I'd use topical applications to try to break the itch cycle. Which ones will be dictated by the yeast results.

I'd bathe the dog and his bedding and vacuum, just in case there is a plant/tree/grass component. (As S. Messonnier, DVM says in The Allergy Solution, any drawbacks like slight skin oil removal are way outweighed by the benefit of getting the allergens off him; it's not a contact thing, but more a breathing-it-in-constantly thing.)

I'd check the house for mildew/mold and change the furnace filters.

If the dog does go onto any grassy areas, I'd clean off his undercarriage and paws before letting him back onto his bedding and the carpets. I use large unscented baby wipes.


For food allergies:

Absolute least is to change to a food with a different (novel) protein source. That's an individual thing, depending on the dog's eating history. Better is to do a real (strict) elimination diet for several weeks/months. Again, it has to be ingredients he has never eaten (because allergies develop over repeated exposure).

There's more, but it's specific to inhalant/food/yeast.


----------



## Connie Sutherland (Mar 27, 2006)

Oh, I forgot: Don't try to make the dog stop scratching. He will just do it in private and then you won't know how bad it is.

If it's causing sleep loss from itching, I do resort to short-term steroids in the lowest dose possible.

I'd get him checked for bacteria and yeast asap.

I'd keep checking those ears. Inflammation is much easier to combat than a full-blown infection.

All of this is scattershot, not knowing whether there's inhalant, food, and/or yeast involved. (You are sure that steroids worked and that there were no itchy incidents between then and recently?

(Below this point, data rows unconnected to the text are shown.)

-- ===== src/Engine/SloMonitor/Examples.antt =====
-- A crypto feed with a failing quote beside an equity feed, and a breaker that trips alone.
use systematic_trading_valid.Common.{
  All, List, [], arith, false, if◌then◌else◌, nat_eq, none, not, pair_eq, refl, some, true, ℕ, ◌%◌,
  ◌*◌, ◌+◌, ◌-◌, ◌/◌, ◌<◌, ◌==◌, ◌||◌, ◌∷◌, ◌≡◌, ◌≤◌,
}
use systematic_trading_valid.Common.Text.{text, text_eq, upper}
use systematic_trading_valid.Common.Dict.{insert, lookup}
use systematic_trading_valid.Core.MarketCalendar.{
  Wall, Zone, date, effective_reference_time, is_trading_day, is_within_rth, nyse, time,
  within_rth_at,
}
use systematic_trading_valid.Engine.Degradation.{mode_eq, ok_verdict}
use systematic_trading_valid.Engine.SloMonitor.{
  Monitor, hour, is_market_dormant, minute, nbbo_success_rate, note_nbbo_fetch,
}
use systematic_trading_valid.Engine.SloMonitor.Gaps.{
  compute_missing_bar_rate, gaps_of, missing_between,
}
use systematic_trading_valid.Engine.BarFreshness.{bar_staleness, stale_after, timeframe_minutes}
use systematic_trading_valid.Engine.SloMonitor.Integrity.{
  Payload, calendar_adjusted_freshness_limit, circuit_breaker_tripped, dormant_verdict,
  evaluate_data_integrity, judge, measure, raise_first,
}
use systematic_trading_valid.Engine.SloMonitor.Grades.{
  grade, is_critical, is_degraded, severity_exact,
}
use systematic_trading_valid.Engine.SloMonitor.Isolation.{Note}

abbrev utc : ℕ → Wall
utc t = record { day = t / (24 * hour); clock = t % (24 * hour) }

utc_back :
    (w : Wall) → time 3 0 ≤ w.clock → w.clock < time 24 0 → utc (w.day * (24 * hour) + w.clock) ≡ w
utc_back w h k = ground arith

abbrev utc_zone : Zone
utc_zone = record { to_et = utc; to_utc = λ w. w.day * (24 * hour) + w.clock; back = utc_back }

abbrev monitor : Monitor
monitor = record {
  zone = utc_zone;
  calendar = nyse;
  max_cycle_budget_ms = 1000;
  max_pending_bundles = 5;
  rl_backfill_min_age = 24 * hour;
  nbbo_attempts = [];
}

-- Saturday, 28 November 2026, at noon
abbrev saturday : ℕ
saturday = date 2026 11 28 * (24 * hour) + 12 * hour

abbrev bars : List ℕ
bars = (saturday - 30 * minute) ∷ (saturday - 45 * minute) ∷ (saturday - 15 * minute) ∷ []

abbrev btc : Payload
btc = record {
  exchange_reference = saturday;
  is_crypto = true;
  symbol = text "BTC/USD";
  timeframe = text "15Min";
  bar_minutes = none;
  latest_bar = saturday - 15 * minute;
  bar_timestamps = bars;
  lookback_bars = none;
  nbbo_fetch_success = some true;
  nbbo_rate = none;
  rl_backfill_lag = some (400 * hour);
  shadow_rows = none;
  ingest_circuit_breaker_tripped = true;
  sequence_misalignment_events = 0;
  ingest_arrival_lag = 0;
}

abbrev spy : Payload
spy = record btc { is_crypto = false; symbol = text "SPY"; nbbo_fetch_success = some false }

breaker_is_soft : (evaluate_data_integrity monitor btc).1.reasons ≡ circuit_breaker_tripped ∷ []
unfolding evaluate_data_integrity is_market_dormant measure judge note_nbbo_fetch nbbo_success_rate
    lookup insert upper effective_reference_time bar_staleness stale_after
    calendar_adjusted_freshness_limit compute_missing_bar_rate gaps_of missing_between
    timeframe_minutes raise_first
breaker_is_soft = refl

-- A bar is missing between the second and the third.
one_gap :
    compute_missing_bar_rate utc_zone nyse
      (saturday ∷ (saturday + 15 * minute) ∷ (saturday + 45 * minute) ∷ [])
      15
      48
      true
    ≡ record { num = 1; den = 4 }
unfolding compute_missing_bar_rate gaps_of missing_between
one_gap = refl

abbrev misses : List Note
misses =
    record { success = false; symbol = text "spy"; is_crypto = true; reference = saturday }
    ∷ record { success = false; symbol = text "QQQ"; is_crypto = false; reference = saturday }
    ∷ []

severity_exact_example :
    ((evaluate_data_integrity monitor btc).1.severity ≡ (
      if is_market_dormant monitor true saturday
      then ok_verdict
      else grade (is_critical (measure monitor btc)) (is_degraded (measure monitor btc))))
    × ((evaluate_data_integrity monitor btc).1.passed ≡ (
        is_market_dormant monitor true saturday
        || not (is_critical (measure monitor btc) || is_degraded (measure monitor btc))))
severity_exact_example = severity_exact monitor btc

other_symbols : All (λ (n : Note). (upper n.symbol == upper btc.symbol) ≡ false) misses
unfolding upper
other_symbols = (refl, (refl, tt))

spy_sleeps : (evaluate_data_integrity monitor spy).1 ≡ dormant_verdict
unfolding evaluate_data_integrity is_market_dormant is_within_rth within_rth_at is_trading_day
spy_sleeps = refl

Definitely, I'd start a log. Steroids wouldn't help like that with a food allergy, but you don't know whether she also changed foods at the time of the steroids, right?)


----------



## Pauline Michels (Sep 1, 2006)

Connie you are so helpful with these types of posts. Thanks for sharing your knowledge with us.


----------



## Connie Sutherland (Mar 27, 2006)

You are very welcome.

This is the problem that drew me into studying canine nutrition, vaccinations, etc. -- a miserably allergic adopted dog, surrendered because her owners couldn't handle the vet bills, already deaf from repeated ear infections, smelly, bleeding from scratching, on daily Pred and showing Cushing's because of it ....

Talk about sink or swim with a switch to fresh food. This was way before the internet, and it was very scary for me to switch her to raw food, against everything the vets (and everyone I knew) said..... using one book..... I can make myself nervous all over again just by thinking about it. :lol:


----------



## melissa mims (Jul 12, 2006)

thanks so much for your input Connie. I was hoping you would reply!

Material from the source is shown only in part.